Nel 2001 il governo diede notizia di una nuova legge sul lavoro che avrebbe messo all’angolo i lavoratori, come parte dei suoi tentativi di assicurare la “salute” dell’economia nazionale. Ignorati dagli intellettuali che erano impegnati a dibattere in televisioni senza produrre alcun risultato, i lavoratori di Bandun entrarono in sciopero. Incuranti di avere o meno l’approvazione dei sindacati in ogni fabbrica, i lavoratori andarono nelle strade. Senza molti cartelli, bandiere o megafoni, quando arrivano all’edificio governativo non negoziarono ma invece iniziarono a lanciare sassi contro l’edificio, capovolgendo e bruciando le macchine che erano parcheggiate nel cortile dell’edificio. Quando la polizia arrivò lanciando lacrimogeni, i lavoratori arrabbiati dovettero disperdersi. Ma essi non volevano tornare a casa in maniera quieta, si raggrupparono in piccoli gruppi senza un comando centrale, lasciarono l’edificio governativo per rompere le vetrine dei negozi e danneggiare macchine costose lungo la strada che facevano. Il secondo giorno, i lavoratori dei trasporti risposero all’azione dei lavoratori provocando uno sciopero di massa. Ogni veicolo di trasporto pubblico che non si univa allo sciopero veniva capovolto e linciato dai lavoratori. Assalita dall’azione violenta dei lavoratori e dalla mancanza di trasporto pubblico, la produzione e il trasporto del capitale fu costretta a fermarsi. Il terzo giorno, l’esercito venne mandato alle stazioni di trasporto e obbligò i conducenti a tornare in servizio. Le fabbriche che erano state luoghi di aggregazione per i lavoratori vennero visitate e i lavoratori furono costretti a tornare a lavoro. I leader del movimento vennero arrestati. Un’emittente sotto shock, prima che avesse la possibilità di rifletterci su, diffuse spontaneamente le notizie alla nazione, cosa che solamente aiutò a provocare simili azioni in altri posti. Appena la rivolta dei lavoratori scoppiò in altre città senza spegnersi, il governo fece sapere che la nuova legge sarebbe stata cancellata.
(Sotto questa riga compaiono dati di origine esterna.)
-- ===== src/P2p/Outcomes.antt =====
-- What `_communicate` returns, and what becomes of its requests.
use megatron_lm.P2p.Waits.{
  batch_call, waits_of-request, requests_of-request, batch_call-Started, ring_exchange-Started,
  last_calls, Started, none_left, waits_of-last_calls, waits_of-append, requests_of-last_calls,
  requests_of-append, waits_of, Kept, requests_of,
}
use mathlib.Core.Option
use mathlib.Core.Path.{ap₂}
use mathlib.Core.List.{append-nil}
use megatron_lm.P2p.Requests.{batched_ops-ok, recvs, requests-total, sends}
use megatron_lm.Prelude.{
  ◌>>=◌, Option-cases, runtime_error, raise, none, ◌&&◌, some, inr, subst, inl, Bool-cases, false,
  ◌⊎◌, true, Bool, Option, sym, ◌∙◌, refl, length, [], ap, ℕ, ok, ltb, map, if◌then◌else◌, ◌≡◌,
  ◌++◌, List,
}
use megatron_lm.P2p.{
  placeholder, tensor, allocate, communicate, Empty, finish, Communicated, p2p_ops, batched_p2p_ops,
  post, Buffer, Message, get_pipeline_model_parallel_next_rank,
  get_pipeline_model_parallel_prev_rank, request, Config, Stage, Op, Call, Side, Shape,
}

module _ {T : Type 0} (size : T → Shape) (received : Side → Shape) (stage : Stage) (config : Config)
    (p q : ℕ) (before : get_pipeline_model_parallel_prev_rank stage ≡ ok p)
    (after : get_pipeline_model_parallel_next_rank stage ≡ ok q) where
  p2p_ops-Started :
      (sp : Option (Message T)) (rp : Option Buffer) (sn : Option (Message T)) (rn : Option Buffer)
      → Started (p2p_ops stage sp rp sn rn)
  unfolding p2p_ops
  p2p_ops-Started sp rp sn rn =
      let (ops, e, shape) = requests-total stage p q before after sp rp sn rn in
      (ops, map request ops, rw e refl, requests_of-request ops, waits_of-request ops)

  batched_p2p_ops-Started :
      (sp : Option (Message T)) (rp : Option Buffer) (sn : Option (Message T)) (rn : Option Buffer)
      → Started (batched_p2p_ops stage sp rp sn rn)
  unfolding batched_p2p_ops
  batched_p2p_ops-Started sp rp sn rn =
      let ops : List (Op T) = sends sp p ++ (recvs rp p ++ (sends sn q ++ recvs rn q)) in
      let (made, waited) = batch_call-Started (ltb 0 (length ops)) ops refl in
      (
        ops,
        batch_call (ltb 0 (length ops)) ops,
        rw (batched_ops-ok stage p q before after sp rp sn rn) refl,
        made,
        waited,
      )

  must_wait :
      (w : Bool)
      → config.use_ring_exchange_p2p ≡ false
      → config.batch_p2p_comm ≡ true
      → (config.use_ring_exchange_p2p ≡ true) ⊎ (config.batch_p2p_comm ≡ false) ⊎ (w ≡ true)
      → w ≡ true
  must_wait w no_ring batch (inl ring) = absurd (cc)
  must_wait w no_ring batch (inr (inl single)) = absurd (cc)
  must_wait w no_ring batch (inr (inr h)) = h

  post-Started :
      (sp : Option (Message T)) (rp : Option Buffer) (sn : Option (Message T)) (rn : Option Buffer)
      (wait_on_reqs : Bool)
      → (config.use_ring_exchange_p2p ≡ true)
        ⊎ (config.batch_p2p_comm ≡ false)
        ⊎ (wait_on_reqs ≡ true)
      → Started (post size received stage config sp rp sn rn wait_on_reqs)
  unfolding post
  post-Started sp rp sn rn w allowed = elim (Bool-cases config.use_ring_exchange_p2p) [
    | inl ring ↦ subst Started (rw ring refl) (ring_exchange-Started sp rp sn rn)
    | inr no_ring ↦ elim (Bool-cases config.batch_p2p_comm) [
      | inl batch ↦
          subst Started (rw (no_ring, batch, must_wait w no_ring batch allowed) refl)
            (batched_p2p_ops-Started sp rp sn rn)
      | inr single ↦ subst Started (rw (no_ring, single) refl) (p2p_ops-Started sp rp sn rn)
    ]
  ]

  finish-Kept :
      (prev next : Option Empty) (w : Bool) (reqs : List (Op T)) (log : List (Call T))
      → requests_of log ≡ reqs
      → waits_of log ≡ []
      → Kept w (finish size received stage config prev next w [] (reqs, log))
  unfolding finish
  finish-Kept prev next w reqs log made waited =
      let waits = w && ltb 0 (length reqs) in
      let sync = config.batch_p2p_comm && config.batch_p2p_sync in
      let end = last_calls waits sync reqs in
      let all : requests_of (log ++ end) ≡ reqs =
        requests_of-append log end
        ∙ ap₂ (λ x y. x ++ y) made (requests_of-last_calls waits sync reqs)
        ∙ append-nil reqs in
      record {
        waited = λ e.
            waits_of-append log end
            ∙ ap₂ (λ x y. x ++ y) waited (waits_of-last_calls waits sync reqs)
            ∙ (rw e (none_left reqs))
            ∙ sym all;
        returned = λ e.
            ap (λ b. if b && ltb 0 (length reqs) then none else some reqs) e ∙ ap some (sym all);
      }

  abbrev pub asked : Bool → Shape → ℕ → Option Empty
  asked wanted shape dtype = if wanted then some (record { shape = shape; dtype = dtype }) else none

  allocate-ok :
      (wanted : Bool) (shape : Shape) (dtype : ℕ)
      → config.pipeline_dtype ≡ some dtype
      → allocate size received stage config wanted (some shape) (some shape)
        ≡ ok (asked wanted shape dtype)
  unfolding allocate
  allocate-ok false shape dtype h = refl
  allocate-ok true shape dtype h = rw h refl

  -- On a stage whose neighbours' ranks are known, with `variable_seq_lengths` off, `pipeline_dtype`
  -- and a shape given, and `wait_on_reqs` unless the requests are made by a ring exchange or one by
  -- one, `_communicate` returns: it has a tensor of the shape and type for each receive that is
  -- asked for and none for the others, and no request is lost: with `wait_on_reqs` each is waited
  -- for, in order, and else they are returned.
  pub communicate-total :
      (sn sp : Option T) (recv_prev recv_next : Bool) (shape : Shape) (dtype : ℕ)
      (wait_on_reqs : Bool)
      → config.variable_seq_lengths ≡ false
      → config.pipeline_dtype ≡ some dtype
      → (config.use_ring_exchange_p2p ≡ true)
        ⊎ (config.batch_p2p_comm ≡ false)
        ⊎ (wait_on_reqs ≡ true)
      → (r : Communicated T) × (communicate size received stage config sn sp recv_prev recv_next
            (some shape)
            wait_on_reqs
          ≡ ok r)
        × (r.tensor_recv_prev ≡ asked recv_prev shape dtype)
        × (r.tensor_recv_next ≡ asked recv_next shape dtype)
        × Kept wait_on_reqs r
  unfolding communicate finish
  communicate-total sn sp rp rn shape dtype w fixed given allowed =
      let prev = asked rp shape dtype in
      let next = asked rn shape dtype in
      let (reqs, log, e, made, waited) =
        post-Started (Option.map tensor sp) (Option.map placeholder prev) (Option.map tensor sn)
          (Option.map placeholder next) w allowed in
      (
        finish size received stage config prev next w [] (reqs, log),
        simp (fixed, allocate-ok rp shape dtype given, allocate-ok rn shape dtype given, e, ◌>>=◌),
        refl,
        refl,
        finish-Kept prev next w reqs log made waited,
      )

  allocate-raises :
      (tensor_shape : Option Shape)
      → (config.pipeline_dtype ≡ none) ⊎ (tensor_shape ≡ none)
      → allocate size received stage config true tensor_shape tensor_shape ≡ raise runtime_error
  unfolding allocate
  allocate-raises tensor_shape (inl h) = rw h refl
  allocate-raises tensor_shape (inr h) = elim (Option-cases config.pipeline_dtype) [
    | inl absent ↦ rw absent refl
    | inr (dtype, given) ↦ rw (given, h) refl
  ]

  allocate_nothing :
      (tensor_shape : Option Shape)
      → allocate size received stage config false tensor_shape tensor_shape ≡ ok none
  unfolding allocate
  allocate_nothing tensor_shape = refl

  neither_wanted : (false ≡ true) ⊎ (false ≡ true) → ⊥
  neither_wanted (inl h) = cc
  neither_wanted (inr h) = cc

  -- With `variable_seq_lengths` off, on a stage whose neighbours' ranks are known, a `_communicate`
  -- that is to receive on one side at least, and has no `pipeline_dtype` or no shape, raises a
  -- RuntimeError.
  pub communicate-raises :
      (sn sp : Option T) (recv_prev recv_next : Bool) (tensor_shape : Option Shape)
      (wait_on_reqs : Bool)
      → config.variable_seq_lengths ≡ false
      → (recv_prev ≡ true) ⊎ (recv_next ≡ true)
      → (config.pipeline_dtype ≡ none) ⊎ (tensor_shape ≡ none)
      → communicate size received stage config sn sp recv_prev recv_next tensor_shape wait_on_reqs
        ≡ raise runtime_error
  unfolding communicate
  communicate-raises sn sp true rn tensor_shape w fixed some_recv lacking =
      simp (fixed, allocate-raises tensor_shape lacking, ◌>>=◌)
  communicate-raises sn sp false true tensor_shape w fixed some_recv lacking =
      simp (fixed, allocate_nothing tensor_shape, allocate-raises tensor_shape lacking, ◌>>=◌)
  communicate-raises sn sp false false tensor_shape w fixed some_recv lacking =
      absurd (neither_wanted some_recv)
Nel 2002 il governo annunciò un aumento del prezzo del carburante e un camion di carburante venne sequestrato da un gruppo di studenti che rese noto che stavano andando ad occupare i loro campus come protesta simbolica. Ma nella piccola città di Cimahi, una gang criminale di motociclisti arrivò alla stazione di rifornimento e obbligò i lavoratori a riempire gratuitamente i loro serbatoi, minacciandoli di aggredirli se non l’avessero fatto. Visto che anche altre persone della zona rimasero shokkate dall’azione improvvisa, i membri della gang li incoraggiarono a riempire i loro serbatoi gratuitamente sotto la protezione della gang. In un momento, i locali affollarono la stazione di rifornimento e presero il carburante senza niente che li fermasse. Non molto tempo dopo la gang abbandonò la stazione e si disperse, come fecero anche i locali. La polizia arrivò ma non fu capace di arrestare qualcuno visto che tutti quelli della zona avevano preso parte al saccheggio. Ciò che si può prendere indirettamente da questo evento è come l’azione di un gruppo trova il suo modo di unirsi ad una larga parte del contesto sociale. Agli occhi dei locali, non c’era nulla da condannare ad una gang di motociclisti che saccheggiava una stazione di rifornimento.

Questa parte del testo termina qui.